HD 6114

Observation data Epoch J2000.0 Equinox ICRS
- Constellation: Andromeda
- Right ascension: 01^{h} 03^{m} 01.54722^{s}
- Declination: +47° 22′ 34.1796″
- Apparent magnitude (V): 6.76
- Right ascension: 01^{h} 03^{m} 01.55854^{s}
- Declination: +47° 22′ 33.0207″
- Apparent magnitude (V): 8.07

Characteristics
- Spectral type: A9 V
- Apparent magnitude (V): 6.46
- B−V color index: 0.248±0.012

Astrometry

HD 6114 A
- Radial velocity (R_{v}): +2.4±2.8 km/s
- Proper motion (μ): RA: 87.411±0.040 mas/yr Dec.: −15.153±0.024 mas/yr
- Parallax (π): 9.2058±0.0392 mas
- Distance: 354 ± 2 ly (108.6 ± 0.5 pc)
- Absolute magnitude (M_{V}): 1.56

HD 6114 B
- Proper motion (μ): RA: 87.190±0.103 mas/yr Dec.: −23.426±0.042 mas/yr
- Parallax (π): 9.4797±0.0651 mas
- Distance: 344 ± 2 ly (105.5 ± 0.7 pc)

Orbit
- Period (P): 450 yr
- Semi-major axis (a): 0.816″
- Eccentricity (e): 0.80
- Inclination (i): 87.0°
- Longitude of the node (Ω): 176.7°
- Periastron epoch (T): 1902.0
- Argument of periastron (ω) (secondary): 180°

Details

HD 6114 A
- Mass: 1.65 M_{☉}
- Luminosity: 21.2+3.5 −3.0 L_{☉}
- Surface gravity (log g): 4.03±0.14 cgs
- Temperature: 7,611±259 K
- Rotational velocity (v sin i): 149 km/s
- Age: 863 Myr
- Other designations: BD+46°243, HD 6114, HIP 4911, HR 289, SAO 36875, ADS 862, WDS J01030+4723

Database references
- SIMBAD: data

= HD 6114 =

Binary star system in the constellation Andromeda

HD 6114 is a visual binary star system in the northern constellation of Andromeda. With a combined apparent magnitude of 6.46, the star can only be seen with the naked eye by keen-eyed observers even on the best of nights. Based upon an annual parallax shift of 10.4 mas as seen from Earth's orbit, the system is located approximately 108 pc distant.
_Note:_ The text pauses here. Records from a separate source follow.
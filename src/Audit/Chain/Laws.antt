-- ===== src/Audit/Chain/Laws.antt =====
-- What `verify_rows` accepts, and where it finds a break.
use headofcontext.Prelude.{
  ◌≡◌, refl, ◌∙◌, ℕ, suc, ◌+◌, String, true, false, Option, none, some, List, [], ◌∷◌, length,
  is_none, or_default, nat_eq, arith, if◌then◌else◌, eq_iff,
}
use headofcontext.Core.Errors.{Result, ok, err}
use headofcontext.Core.Events.{AuditEvent}
use headofcontext.Audit.Payload.{Json, event_from_payload}
use headofcontext.Audit.Chain.{
  ChainRow, ChainReport, compute_hash, columns_mismatch, broken, judge, check_row, verify_from,
  verify_rows,
}

-- The hash that the rows end with.
abbrev pub last_hash : String → List ChainRow → String
last_hash prev [] = prev
last_hash prev (row ∷ rest) = last_hash row.stored_hash rest

abbrev pub last_seq_of : Option ℕ → List ChainRow → Option ℕ
last_seq_of last [] = last
last_seq_of last (row ∷ rest) = last_seq_of (some row.seq) rest

abbrev pub first_or_seq : Option ℕ → List ChainRow → Option ℕ
first_or_seq first [] = first
first_or_seq first (row ∷ rest) = some (or_default first row.seq)

first_or_seq-some : (x : ℕ) (rows : List ChainRow) → first_or_seq (some x) rows ≡ some x
first_or_seq-some x [] = refl
first_or_seq-some x (row ∷ rest) = refl

module _ (json : Json) (sha256 : String → String) where
  -- The row holds by itself: its payload reads as an event that hashes, after its own `prev_hash`,
  -- to the stored hash, and its columns agree with the payload.
  abbrev pub Holds : ChainRow → Type 0
  Holds row =
      (event : AuditEvent) × (event_from_payload json row.payload ≡ ok event)
      × (compute_hash json sha256 row.prev_hash event ≡ row.stored_hash)
      × (columns_mismatch json sha256 row.columns row.payload ≡ ok false)

  -- The rows hold, each after the hash of the one before.
  abbrev pub Linked : String → List ChainRow → Type 0
  Linked prev [] = Unit
  Linked prev (row ∷ rest) = (row.prev_hash ≡ prev) × Holds row × Linked row.stored_hash rest

  judge-none :
      (report : String → ChainReport) (row : ChainRow) (r : Result AuditEvent)
      → judge json sha256 report row r ≡ ok none
      → (event : AuditEvent) × (r ≡ ok event)
        × (compute_hash json sha256 row.prev_hash event ≡ row.stored_hash)
        × (columns_mismatch json sha256 row.columns row.payload ≡ ok false)
  unfolding judge
  judge-none report row (err e) h = cc
  judge-none report row (ok event) h = (
    event,
    refl,
    ground (arith, eq_iff (compute_hash json sha256 row.prev_hash event) row.stored_hash),
    ground arith,
  )

  pub check_row-none :
      (anchor prev : String) (first : Option ℕ) (checked : ℕ) (row : ChainRow)
      → check_row json sha256 anchor first checked prev row ≡ ok none
      → (row.prev_hash ≡ prev) × Holds row
  unfolding check_row
  check_row-none anchor prev first checked row h = (
    ground (arith, eq_iff row.prev_hash prev),
    judge-none (broken json sha256 checked (or_default first row.seq) anchor (some prev) row.seq)
        row (event_from_payload json row.payload) (ground arith),
  )

  pub check_row-Holds :
      (anchor prev : String) (first : Option ℕ) (checked : ℕ) (row : ChainRow)
      → (is_none first ≡ true → prev ≡ anchor)
      → row.prev_hash ≡ prev
      → Holds row
      → check_row json sha256 anchor first checked prev row ≡ ok none
  unfolding check_row
  check_row-Holds anchor prev first checked row start same (event, parsed, hashed, columns) =
      ground (
        arith,
        eq_iff row.prev_hash anchor,
        eq_iff row.prev_hash prev,
        eq_iff (compute_hash json sha256 row.prev_hash event) row.stored_hash,
      )

  -- The report on rows without a break.
  abbrev pub intact : String → Option ℕ → Option ℕ → ℕ → String → List ChainRow → ChainReport
  intact anchor first last checked prev rows = record {
    is_ok = true;
    checked = checked + length rows;
    first_seq = first_or_seq first rows;
    last_seq = last_seq_of last rows;
    anchor = some anchor;
    head = if nat_eq (checked + length rows) 0 then none else some (last_hash prev rows);
    break_at = none;
    detail = "";
  }

  verify_from-intact :
      (anchor prev : String) (first last : Option ℕ) (checked : ℕ) (rows : List ChainRow)
      → (is_none first ≡ true → prev ≡ anchor)
      → Linked prev rows
      → verify_from json sha256 anchor first last checked prev rows
        ≡ ok (intact anchor first last checked prev rows)
  unfolding verify_from
  verify_from-intact anchor prev first last checked [] start linked = ground arith
  verify_from-intact anchor prev first last checked (row ∷ rest) start (same, holds, linked) =
      rw (check_row-Holds anchor prev first checked row start same holds) (
        verify_from-intact anchor row.stored_hash (some (or_default first row.seq)) (some row.seq)
          (suc checked) rest (λ h. cc) linked
        ∙ ground (arith, first_or_seq-some (or_default first row.seq) rest))

  -- Rows that are linked from the anchor are reported as intact, with their count, the first and the
  -- last seq, and the last hash as the head, if there are any.
  pub verify_rows-intact :
      (anchor : String) (rows : List ChainRow)
      → Linked anchor rows
      → verify_rows json sha256 anchor rows ≡ ok (intact anchor none none 0 anchor rows)
  unfolding verify_rows
  verify_rows-intact anchor rows linked =
      verify_from-intact anchor anchor none none 0 rows (λ h. refl) linked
The binary nature of this system was discovered by O. Struve in 1864. It consists of a magnitude 6.76 primary component with a dimmer magnitude 8.07 secondary. As of 2015 the pair had an angular separation of 1.30 arcsecond along a position angle of 175°. The two stars orbit each other with a period of 450 years with an eccentricity of 0.80.

The primary is an A-type main-sequence star with a stellar classification of A9 V. At the estimated age of 863 million years, it is spinning rapidly with a projected rotational velocity of 149 km/s. The star has 1.65 times the mass of the Sun and is radiating 21 times the Sun's luminosity from its photosphere at an effective temperature of 7,611 K.